Algunos días

Algunos días, sobre todo en los meses más oscuros y desapacibles del invierno, la ciudad parece tomar un cariz huraño, por momentos hostil, casi trágico. Los embates del mar embravecido hacen temblar la tierra firme y las calles oscilan con un vértigo de aceras estrechas entre el incivilizado tráfico. Las tardes ventosas siembran de lluvia los parques y las plazas expuestas y vacías. La noche se extiende sobre todas las cosas con una anticipación turbia, alegórica. Son días en los que las cagadas de perro se multiplican en forma de huellas nauseabundas y detritus esparcidos entre los resquicios de los adoquines; en los que las pintadas analfabetas de un puñado de idiotas (garabatos o manchurrones o firmas toscas y palurdas) destacan más que otras veces en las fachadas de los edificios, en muros donde echan a perder verdaderas pinturas o grafitis, en puertas y bancos y farolas, en cualquier superficie a la vista. Días en los que esa clase de conductores, la más abundante, te putea en el paso de cebra o te arroja una ola de agua sucia sobre los pantalones. En los que el autobús no acaba de llegar nunca o el taxista resulta ser un iluminado entusiasta de Vox con ganas de vomitar sus ocurrencias e irreflexiones sobre tu inexpresiva figura. 

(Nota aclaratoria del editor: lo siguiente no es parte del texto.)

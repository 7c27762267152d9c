-- ===== src/Lexer/Positions.antt =====
-- The places of the tokens of `lex_expr` of src/mellowlang/lexer.py.
use mellow_programming_langu.Prelude.{
  ℕ, zero, suc, ◌+◌, ◌-◌, ◌≤◌, ◌<◌, ◌≡◌, refl, ap, ap₂, ◌∙◌, ◌≢◌, inl, inr, Option, none, some,
  List, [], ◌∷◌, arith, Option-cases, length,
}
use mellow_programming_langu.Text.{Text}
use mellow_programming_langu.Lexer.{
  Unicode, Token, TokenType, eof_tok, next_token, token_at, with_token, lex_loop, lex_expr,
  word_type,
}
use mellow_programming_langu.Lexer.Progress.{next_token_shrinks}

-- Tokens in source order, all at `lo` or behind it, inside the source but for the last, which is the
-- end of the source; each has the line, and its column counted from the base.
pub data Placed (n line base_col : ℕ) : ℕ → List Token → Type 0 where
  at_end :
      {lo : ℕ} (t : Token)
      → t.type ≡ eof_tok
      → t.value ≡ []
      → t.pos ≡ n
      → t.line ≡ line
      → t.col ≡ base_col + n
      → Placed n line base_col lo (t ∷ [])
  then_more :
      {lo : ℕ} {ts : List Token} (t : Token)
      → lo ≤ t.pos
      → t.pos < n
      → t.type ≢ eof_tok
      → t.line ≡ line
      → t.col ≡ base_col + t.pos
      → Placed n line base_col (suc t.pos) ts
      → Placed n line base_col lo (t ∷ ts)

Placed-lower :
    {n line base_col lo : ℕ} {ts : List Token} (lo' : ℕ)
    → lo' ≤ lo
    → Placed n line base_col lo ts
    → Placed n line base_col lo' ts
Placed-lower lo' h (at_end t a b c d e) = at_end t a b c d e
Placed-lower lo' h (then_more t a b c d e p) = then_more t (omega arith) b c d e p

module _ (u : Unicode) (n line base_col : ℕ) where
  next_token-ne-eof :
      (c : ℕ) (s : Text) (type : TokenType) (value : Text)
      → (next_token u c s).0 ≡ some (type, value)
      → type ≢ eof_tok
  unfolding next_token word_type
  next_token-ne-eof c s type value h = ground arith

  pub lex_loop_skip :
      (fuel c : ℕ) (s : Text)
      → (next_token u c s).0 ≡ none
      → lex_loop u (suc fuel) n line base_col (c ∷ s)
        ≡ lex_loop u fuel n line base_col (next_token u c s).1
  unfolding lex_loop
  lex_loop_skip fuel c s e =
      ap
        (λ (t : Option (TokenType × Text)).
          with_token u n line base_col (c ∷ s) t
            (lex_loop u fuel n line base_col (next_token u c s).1))
        e

  pub lex_loop_token :
      (fuel c : ℕ) (s : Text) (type : TokenType) (value : Text) (ts : List Token)
      → (next_token u c s).0 ≡ some (type, value)
      → lex_loop u fuel n line base_col (next_token u c s).1 ≡ some ts
      → lex_loop u (suc fuel) n line base_col (c ∷ s)
        ≡ some (token_at u n line base_col type value (c ∷ s) ∷ ts)
  unfolding lex_loop
  lex_loop_token fuel c s type value ts e f = ap₂ (with_token u n line base_col (c ∷ s)) e f

  token_at-Placed :
      (c : ℕ) (s : Text) (type : TokenType) (value : Text) (lo : ℕ) (ts : List Token)
      → length (c ∷ s) ≤ n
      → lo ≤ n - length (c ∷ s)
      → type ≢ eof_tok
      → Placed n line base_col (n - length s) ts
      → Placed n line base_col lo (token_at u n line base_col type value (c ∷ s) ∷ ts)
  unfolding token_at
  token_at-Placed c s type value lo ts fits low h p =
      then_more (token_at u n line base_col type value (c ∷ s)) low (omega arith) h refl refl
        (Placed-lower _ (omega arith) p)

  pub lex_loop-Placed :
      (fuel lo : ℕ) (rest : Text)
      → length rest < fuel
      → length rest ≤ n
      → lo ≤ n - length rest
      → (ts : List Token) × (lex_loop u fuel n line base_col rest ≡ some ts)
        × Placed n line base_col lo ts
  lex_loop-Placed zero lo rest h fits low = absurd (omega arith)
  lex_loop-Placed (suc fuel) lo [] h fits low =
      unfold lex_loop token_at in
      (
        token_at u n line base_col eof_tok [] [] ∷ [],
        refl,
        at_end (token_at u n line base_col eof_tok [] []) refl refl (omega arith) refl
            (omega arith),
      )
  lex_loop-Placed (suc fuel) lo (c ∷ s) h fits low =
      let (ts, e, p) =
        lex_loop-Placed fuel (n - length s) (next_token u c s).1
          (omega (arith, next_token_shrinks u c s)) (omega (arith, next_token_shrinks u c s))
          (omega (arith, next_token_shrinks u c s)) in
      elim (Option-cases (next_token u c s).0) [
        | inl skipped ↦ (ts, lex_loop_skip fuel c s skipped ∙ e, Placed-lower lo (omega arith) p)
        | inr ((type, value), found) ↦ (
          token_at u n line base_col type value (c ∷ s) ∷ ts,
          lex_loop_token fuel c s type value ts found e,
          token_at-Placed c s type value lo ts fits low (next_token-ne-eof c s type value found) p,
        )
      ]

-- Every source is lexed to the end. Its tokens stand in order of their positions, which lie inside
-- the source, no two at one position; the last and only the last is `EOF`, at the length of the
-- source; all have the given line, and their column is the position counted from the base column.
pub lex_expr-Placed :
    (u : Unicode) (src : Text) (line base_col : ℕ)
    → (ts : List Token) × (lex_expr u src line base_col ≡ some ts)
      × Placed (length src) line base_col 0 ts
unfolding lex_expr
lex_expr-Placed u src line base_col =
    lex_loop-Placed u (length src) line base_col (suc (length src)) 0 src (omega arith)
      (omega arith) (omega arith)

Me refiero a esos días tristes en los que nada parece encajar convenientemente, en los que el trabajo se te echa encima con el peso de todas las horas que pasas fuera de casa, en los que los amigos no están cuando se los necesita y ni siquiera te sabe bien esa cerveza solitaria. Días en los que te toca pasar por las Urgencias del hospital y presenciar la degradación del cuerpo y la confusión general en las caras de quienes esperan contigo en una sala atestada de alientos, toses y tristezas, de bolsas de plástico llenas de la ropa de los enfermos que se encuentran en la desnuda incertidumbre de los boxes o en observación.